TASK INSTRUCTIONS: Only a number is expected: how many lines in these records mention the word "AllWellFormed"?

Collected data:
*** Begin section ***

-- ===== src/Directory/Ends.antt =====
-- `createOrOpenInternal` on layers that are well-formed.
use foundationdb_effect.Prelude.{
  ℕ, zero, suc, ◌<◌, ◌≡◌, ◌⊎◌, inl, inr, refl, sym, ap, subst, arith, Bool, true, false, Option,
  none, some, [], ◌∷◌, ◌++◌, ◌==◌, length, length-drop, Option-cases, none≢some, if◌then◌else◌,
  All-append,
}
use foundationdb_effect.Prelude.Result.{Result, ok, err, map_ok}
use foundationdb_effect.Bytes.{Bytes, IsBytes}
use foundationdb_effect.Directory.{find_node, check_version}
use foundationdb_effect.Directory.State.{
  DirectoryError, DirectoryPath, DirectoryLayer, Nodes, Database, put_at, nodes_of, Node,
  DirectoryOutput, partition_subpath, is_in_partition,
}
use foundationdb_effect.Directory.Free.{keys, All-Member}
use foundationdb_effect.Directory.Consistent.{WellFormed, AllWellFormed, put_at-All, at-put_at}
use foundationdb_effect.Directory.Decisions.{Explains, decide-Explains, find_node-Member}
use foundationdb_effect.Directory.Kept.{OutputIn, contents_of_node-OutputIn, WellFormed-nodes_of}
use foundationdb_effect.Directory.Create.{
  Surroundings, CreateDecision, decided, in_partition, missing, decide, last_component, parent_path,
  create_or_open,
}
use foundationdb_effect.Directory.Opens.{Kept, Kept-in_partition, check_version-write}
use foundationdb_effect.Directory.Parents.{
  last_component_lem, length-parent_path, parent-Outside, Outside-set_version,
}
use foundationdb_effect.Directory.Steps.{
  create_or_open_decided, create_or_open_inside, create_or_open_missing, Kept-create_missing,
}

CreateDecision-cases :
    (d : CreateDecision)
    → ((r : Result DirectoryError DirectoryOutput) × (d ≡ decided r))
      ⊎ ((inner : DirectoryLayer) × (subpath : DirectoryPath) × (d ≡ in_partition inner subpath))
      ⊎ (d ≡ missing)
CreateDecision-cases (decided r) = inl (r, refl)
CreateDecision-cases (in_partition inner subpath) = inr (inl (inner, subpath, refl))
CreateDecision-cases missing = inr (inr refl)

pub Result-cases :
    {A : Type 0} (r : Result DirectoryError A)
    → ((e : DirectoryError) × (r ≡ err e)) ⊎ ((a : A) × (r ≡ ok a))
Result-cases (err e) = inl (e, refl)
Result-cases (ok a) = inr (a, refl)

-- What a node found says of the layer in it.
pub nested_bounds :
    (layer : DirectoryLayer) (path : DirectoryPath) (nodes : Nodes) (node : Node)
    → WellFormed layer.node_prefix nodes
    → (length path == 0) ≡ false
    → find_node layer path nodes ≡ some node
    → is_in_partition node false ≡ true
    → IsBytes node.prefix
      × IsBytes (node.prefix ++ 0xfe ∷ [])
      × (length (partition_subpath node) < length path)
nested_bounds layer path nodes node well full found inside =
    let (member, some_component, target) =
      find_node-Member layer path nodes node well.closed full found in
    let bytes = All-Member IsBytes (keys nodes) node.prefix well.of_bytes member in
    let same = ap (λ p. length p) target in
    let some_path : 0 < length path = grind arith in
    (
      bytes,
      All-append (λ b. b < 256) node.prefix (0xfe ∷ []) bytes (omega arith, tt),
      omega (
        arith,
        length-drop (length node.current_path) node.target_path,
        some_component,
        same,
        some_path,
      ),
    )

decided-Kept :
    (layer : DirectoryLayer) (path : DirectoryPath) (db : Database)
    (r : Result DirectoryError DirectoryOutput)
    → AllWellFormed db
    → Explains layer path (nodes_of layer db) (decided r)
    → Kept layer path (nodes_of layer db) (some (map_ok (λ output. (output, db)) r))
decided-Kept layer path db (err _) w x = tt
decided-Kept layer path db (ok output) w (node, found, full, same) =
    let well = WellFormed-nodes_of layer db w in
    let (member, _, _) =
      find_node-Member layer path (nodes_of layer db) node well.closed full found in
    (
      w,
      λ _.
          subst (λ o. OutputIn (keys (nodes_of layer db)) o) (sym same)
            (contents_of_node-OutputIn (keys (nodes_of layer db)) layer node.prefix
              node.current_path node.layer member),
    )

given_if :
    (ac : Bool) (prefix : Option Bytes)
    → ((p : Bytes) → prefix ≡ some p → IsBytes p)
    → (p : Bytes) → (if ac then prefix else none) ≡ some p
    → IsBytes p
given_if true prefix given = given
given_if false prefix given = λ p e. absurd (none≢some e)

module _ (around : Surroundings) where
  create_or_open-Kept :
      (fuel : ℕ) (layer : DirectoryLayer) (path : DirectoryPath) (prefix : Option Bytes)
      (expected : Option Bytes) (ac ao : Bool) (db : Database)
      → length path < fuel
      → IsBytes layer.node_prefix
      → IsBytes layer.content_prefix
      → ((p : Bytes) → prefix ≡ some p → IsBytes p)
      → AllWellFormed db
      → Kept layer path
          (nodes_of layer db)
          (create_or_open around fuel layer path prefix expected ac ao db)
  unfolding create_or_open
  create_or_open-Kept zero layer path prefix expected ac ao db l root content given w =
      absurd (omega (arith, l))
  create_or_open-Kept (suc fuel) layer path prefix expected ac ao db l root content given w =
      let nodes = nodes_of layer db in
      let well = WellFormed-nodes_of layer db w in
      let explained = decide-Explains layer path prefix expected ac ao nodes in
      elim (CreateDecision-cases (decide layer path prefix expected ac ao nodes)) [
        | inl (r, e) ↦
            rw (create_or_open_decided around fuel layer path prefix expected ac ao db r e) (
              decided-Kept layer path db r w (subst (λ d. Explains layer path nodes d) e explained))
        | inr (inl (inner, subpath, e)) ↦
            let (node, found, full, inside, inner_is, subpath_is) =
              subst (λ d. Explains layer path nodes d) e explained in
            let (bytes, bytes', shorter) =
              nested_bounds layer path nodes node well full found inside in
            rw
              (create_or_open_inside around fuel layer path prefix expected ac ao db inner subpath
                e)
              (Kept-in_partition layer inner path subpath nodes (nodes_of inner db) node _ found
                inside
                (create_or_open-Kept fuel inner subpath (if ac then prefix else none) expected ac ao
                  db (omega (arith, l, shorter, ap (λ p. length p) subpath_is))
                  (subst (λ i. IsBytes i.node_prefix) (sym inner_is) bytes')
                  (subst (λ i. IsBytes i.content_prefix) (sym inner_is) bytes)
                  (given_if ac prefix given) w))
        | inr (inr e) ↦
            let (nothing, full) = subst (λ d. Explains layer path nodes d) e explained in
            elim (Option-cases (last_component path)) [
              | inl empty ↦ rw (e, create_or_open, empty) tt
              | inr (name, last) ↦ elim (Result-cases (check_version layer true nodes)) [
                | inl (reason, failed) ↦ rw (e, create_or_open, last, failed) tt
                | inr (nodes', checked) ↦
                    let (well', member, same) =
                      check_version-write layer nodes nodes' root well checked in
                    rw
                      (create_or_open_missing around fuel layer path prefix expected ac ao db name
                        nodes' e last checked)
                      (Kept-create_missing around fuel layer path prefix expected name nodes' nodes
                        db w content given well' member
                        (λ deep. (
                          subst
                              (λ ns. Kept layer (parent_path path) ns (
                                create_or_open around fuel layer (parent_path path) none none true
                                  true (put_at layer.node_prefix nodes' db)))
                              (at-put_at [] layer.node_prefix nodes' db)
                              (create_or_open-Kept fuel layer (parent_path path) none none true true
                                (put_at layer.node_prefix nodes' db)
                                (omega (arith, l, length-parent_path path name last)) root content
                                (λ p no_prefix. absurd (none≢some no_prefix))
                                (put_at-All (λ root nodes. WellFormed root nodes) layer.node_prefix
                                  nodes' db w well')),
                          Outside-set_version layer (parent_path path) nodes nodes' deep same (
                              parent-Outside layer path (parent_path path) name nodes
                                (last_component_lem path name last) full deep nothing),
                        )))
              ]
            ]
      ]

-- A result that leaves every layer well-formed, or an error, which leaves the database as it is.
abbrev pub Leaves : Result DirectoryError (DirectoryOutput × Database) → Type 0
Leaves (err _) = Unit
Leaves (ok (_, db)) = AllWellFormed db

Leaves-of_Kept :
    (layer : DirectoryLayer) (path : DirectoryPath) (nodes : Nodes)
    (r : Option (Result DirectoryError (DirectoryOutput × Database)))
    → Kept layer path nodes r
    → (result : Result DirectoryError (DirectoryOutput × Database)) × (r ≡ some result)
      × Leaves result
Leaves-of_Kept layer path nodes none k = absurd k
Leaves-of_Kept layer path nodes (some (err e)) k = (err e, refl, tt)
Leaves-of_Kept layer path nodes (some (ok (output, db))) k = (ok (output, db), refl, k.0)

-- With fuel above the length of the path, `createOrOpenInternal` returns; where it succeeds on layers
-- that are well-formed, they are well-formed after it: in each, no prefix of a node begins with
-- another, and every child is a node.
pub create_or_open_lem :
    (around : Surroundings) (fuel : ℕ) (layer : DirectoryLayer) (path : DirectoryPath)
    (prefix expected : Option Bytes) (allow_create allow_open : Bool) (db : Database)
    → length path < fuel
    → IsBytes layer.node_prefix
    → IsBytes layer.content_prefix
    → ((p : Bytes) → prefix ≡ some p → IsBytes p)
    → AllWellFormed db
    → (result : Result DirectoryError (DirectoryOutput × Database)) × (create_or_open around fuel
          layer path prefix expected allow_create allow_open db
        ≡ some result)
      × Leaves result
create_or_open_lem around fuel layer path prefix expected allow_create allow_open db l root content
      given w =
    Leaves-of_Kept layer path (nodes_of layer db) _ (
      create_or_open-Kept around fuel layer path prefix expected allow_create allow_open db l root
        content given w)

*** End section ***

WRITTEN RESPONSE: 5